- _EXERCISE GOAL_:
Starting at the line that contains "is_hit-extend_matches name addr s.thread_matches" and ending at the line that contains "process-finds at process p", the lines below are to be given again exactly, with nothing added.

- _DATA_:
Content starts
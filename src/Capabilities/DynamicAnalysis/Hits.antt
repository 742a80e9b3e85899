-- ===== src/Capabilities/DynamicAnalysis/Hits.antt =====
-- Where the matcher finds a rule below the file, and what the walks of
-- capa-x/src/capabilities/dynamic_analysis.rs gather of it.
use capa_x.Prelude.{◌≡◌, sym, ap, ◌∙◌, Bool, ◌||◌, String, List, [], ◌∷◌, arith, any, length}
use capa_x.Prelude.Result.{ok, bind-ok}
use capa_x.Address.{Address}
use capa_x.Features.{Feature}
use capa_x.Scope.{Scope}
use capa_x.Engine.FeatureSet.{FeatureSet, merge}
use capa_x.Freeze.{CallFeatures, ThreadFeatures, ProcessFeatures}
use capa_x.Capabilities.Matching.{MatchResults}
use capa_x.Capabilities.Matcher.{Matcher}
use capa_x.Capabilities.SpanOfCalls
use capa_x.Capabilities.Driver.{seed, promote_matches, extend_matches}
use capa_x.Capabilities.Driver.Promoted.{is_hit}
use capa_x.Capabilities.Driver.Hits.{finds, finds_after, is_hit-extend_matches}
use capa_x.Capabilities.DynamicAnalysis.{
  find_call_capabilities, calls_loop, CallsState, no_calls, find_thread_capabilities,
  ThreadCapabilities, threads_loop, ThreadsState, no_threads, after_thread,
  find_process_capabilities, ProcessCapabilities, processes_loop, ProcessesState, after_process,
}

module _ (rule_set : Matcher) (global_features : List Feature) (name : String)
    (addr : Address) where
  -- the matcher finds the rule there, in a call
  abbrev pub hit_in_call : Address × CallFeatures → Bool
  hit_in_call (at, call) =
      finds name addr
        (rule_set.match_scope_results Scope.call (seed [] call.features global_features) at)

  -- in a thread or a call of it, or it is recorded for a span of its calls
  abbrev pub hit_in_thread : Address × ThreadFeatures → Bool
  hit_in_thread (at, thread) =
      any hit_in_call thread.calls
      || finds_after (calls_loop rule_set global_features thread.calls no_calls) (λ s.
        is_hit name addr s.span_matcher.matches
        || finds name addr (
            rule_set.match_scope_results Scope.thread
              (seed s.features thread.features global_features) at))

  -- in a process, or in a thread of it
  abbrev pub hit_in_process : Address × ProcessFeatures → Bool
  hit_in_process (at, process) =
      any hit_in_thread process.threads
      || finds_after (threads_loop rule_set global_features process.threads no_threads) (λ s.
        finds name addr (
          rule_set.match_scope_results Scope.process
            (seed s.process_features process.features global_features) at))

  call-finds :
      (at : Address) (call : CallFeatures) (r : FeatureSet × MatchResults)
      → find_call_capabilities rule_set global_features at call.features ≡ ok r
      → hit_in_call (at, call) ≡ is_hit name addr r.1
  unfolding find_call_capabilities
  call-finds at call r e =
      let features = seed [] call.features global_features in
      let v = bind-ok (rule_set.match_scope_results Scope.call features at) _ r e in
      let same : (promote_matches rule_set features v.0, v.0) ≡ r = cc in
      ap (finds name addr) v.1.0 ∙ ap (λ p. is_hit name addr p.1) same

  is_hit-calls_loop :
      (calls : List (Address × CallFeatures)) (s s' : CallsState)
      → calls_loop rule_set global_features calls s ≡ ok s'
      → is_hit name addr s'.call_matches
        ≡ (is_hit name addr s.call_matches || any hit_in_call calls)
  unfolding calls_loop
  is_hit-calls_loop [] s s' e =
      let same : s ≡ s' = cc in
      sym (ap (λ (t : CallsState). is_hit name addr t.call_matches) same) ∙ ground arith
  is_hit-calls_loop ((at, call) ∷ calls) s s' e =
      let v = bind-ok (find_call_capabilities rule_set global_features at call.features) _ s' e in
      let w = bind-ok (SpanOfCalls.next rule_set s.span_matcher at v.0.0) _ s' v.1.1 in
      let next : CallsState = record {
        features = merge s.features v.0.0;
        call_matches = extend_matches s.call_matches v.0.1;
        span_matcher = w.0;
      } in
      ground (
        arith,
        is_hit-calls_loop calls next s' w.1.1,
        is_hit-extend_matches name addr s.call_matches v.0.1,
        call-finds at call v.0 v.1.0,
      )

  thread-finds :
      (at : Address) (thread : ThreadFeatures) (t : ThreadCapabilities)
      → find_thread_capabilities rule_set global_features at thread ≡ ok t
      → hit_in_thread (at, thread) ≡ (
          is_hit name addr t.call_matches
          || (is_hit name addr t.span_matches || is_hit name addr t.thread_matches))
  unfolding find_thread_capabilities
  thread-finds at thread t e =
      let v = bind-ok (calls_loop rule_set global_features thread.calls no_calls) _ t e in
      let features = seed v.0.features thread.features global_features in
      let w = bind-ok (rule_set.match_scope_results Scope.thread features at) _ t v.1.1 in
      let own : finds name addr (rule_set.match_scope_results Scope.thread features at)
          ≡ is_hit name addr w.0 =
        ap (finds name addr) w.1.0 in
      let result : ThreadCapabilities = record {
        features = promote_matches rule_set features w.0;
        thread_matches = w.0;
        span_matches = v.0.span_matcher.matches;
        call_matches = v.0.call_matches;
      } in
      let same : result ≡ t = cc in
      rw v.1.0 (
        ground (
          arith,
          is_hit-calls_loop thread.calls no_calls v.0 v.1.0,
          own,
          ap (λ (k : ThreadCapabilities). is_hit name addr k.call_matches) same,
          ap (λ (k : ThreadCapabilities). is_hit name addr k.span_matches) same,
          ap (λ (k : ThreadCapabilities). is_hit name addr k.thread_matches) same,
        ))

  -- the rule is among what has been gathered of the threads
  abbrev hit_in_threads : ThreadsState → Bool
  hit_in_threads s =
      is_hit name addr s.call_matches
      || (is_hit name addr s.span_matches || is_hit name addr s.thread_matches)

  hit_in_threads-threads_loop :
      (threads : List (Address × ThreadFeatures)) (s s' : ThreadsState)
      → threads_loop rule_set global_features threads s ≡ ok s'
      → hit_in_threads s' ≡ (hit_in_threads s || any hit_in_thread threads)
  unfolding threads_loop
  hit_in_threads-threads_loop [] s s' e =
      let same : s ≡ s' = cc in sym (ap hit_in_threads same) ∙ ground arith
  hit_in_threads-threads_loop ((at, thread) ∷ threads) s s' e =
      let v = bind-ok (find_thread_capabilities rule_set global_features at thread) _ s' e in
      ground (
        arith,
        hit_in_threads-threads_loop threads (after_thread s v.0) s' v.1.1,
        is_hit-extend_matches name addr s.call_matches v.0.call_matches,
        is_hit-extend_matches name addr s.span_matches v.0.span_matches,
        is_hit-extend_matches name addr s.thread_matches v.0.thread_matches,
        thread-finds at thread v.0 v.1.0,
      )

  process-finds :
      (at : Address) (process : ProcessFeatures) (p : ProcessCapabilities)
      → find_process_capabilities rule_set global_features at process ≡ ok p
      → hit_in_process (at, process) ≡ (
          is_hit name addr p.call_matches
          || (is_hit name addr p.span_matches
              || (is_hit name addr p.thread_matches || is_hit name addr p.process_matches)))
  unfolding find_process_capabilities
  process-finds at process p e =
      let v = bind-ok (threads_loop rule_set global_features process.threads no_threads) _ p e in
      let features = seed v.0.process_features process.features global_features in
      let w = bind-ok (rule_set.match_scope_results Scope.process features at) _ p v.1.1 in
      let own : finds name addr (rule_set.match_scope_results Scope.process features at)
          ≡ is_hit name addr w.0 =
        ap (finds name addr) w.1.0 in
      let result : ProcessCapabilities = record {
        process_matches = w.0;
        thread_matches = v.0.thread_matches;
        span_matches = v.0.span_matches;
        call_matches = v.0.call_matches;
        feature_count = length features;
      } in
      let same : result ≡ p = cc in
      rw v.1.0 (
        ground (
          arith,
          hit_in_threads-threads_loop process.threads no_threads v.0 v.1.0,
          own,
          ap (λ (k : ProcessCapabilities). is_hit name addr k.call_matches) same,
          ap (λ (k : ProcessCapabilities). is_hit name addr k.span_matches) same,
          ap (λ (k : ProcessCapabilities). is_hit name addr k.thread_matches) same,
          ap (λ (k : ProcessCapabilities). is_hit name addr k.process_matches) same,
        ))

  -- the rule is among what has been gathered of the processes
  abbrev pub hit_in_processes : ProcessesState → Bool
  hit_in_processes s =
      is_hit name addr s.all_call_matches
      || (is_hit name addr s.all_span_matches
          || (is_hit name addr s.all_thread_matches || is_hit name addr s.all_process_matches))

  pub hit_in_processes-processes_loop :
      (processes : List (Address × ProcessFeatures)) (s s' : ProcessesState)
      → processes_loop rule_set global_features processes s ≡ ok s'
      → hit_in_processes s' ≡ (hit_in_processes s || any hit_in_process processes)
  unfolding processes_loop
  hit_in_processes-processes_loop [] s s' e =
      let same : s ≡ s' = cc in sym (ap hit_in_processes same) ∙ ground arith
  hit_in_processes-processes_loop ((at, process) ∷ processes) s s' e =
      let v = bind-ok (find_process_capabilities rule_set global_features at process) _ s' e in
      ground (
        arith,
        hit_in_processes-processes_loop processes (after_process at s v.0) s' v.1.1,
        is_hit-extend_matches name addr s.all_call_matches v.0.call_matches,
        is_hit-extend_matches name addr s.all_span_matches v.0.span_matches,
        is_hit-extend_matches name addr s.all_thread_matches v.0.thread_matches,
        is_hit-extend_matches name addr s.all_process_matches v.0.process_matches,
        process-finds at process v.0 v.1.0,
      )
Content ends
- _TASK RESULT_:
        is_hit-extend_matches name addr s.thread_matches v.0.thread_matches,
        thread-finds at thread v.0 v.1.0,
      )

  process-finds :
      (at : Address) (process : ProcessFeatures) (p : ProcessCapabilities)
      → find_process_capabilities rule_set global_features at process ≡ ok p
      → hit_in_process (at, process) ≡ (
          is_hit name addr p.call_matches
          || (is_hit name addr p.span_matches
              || (is_hit name addr p.thread_matches || is_hit name addr p.process_matches)))
  unfolding find_process_capabilities
  process-finds at process p e =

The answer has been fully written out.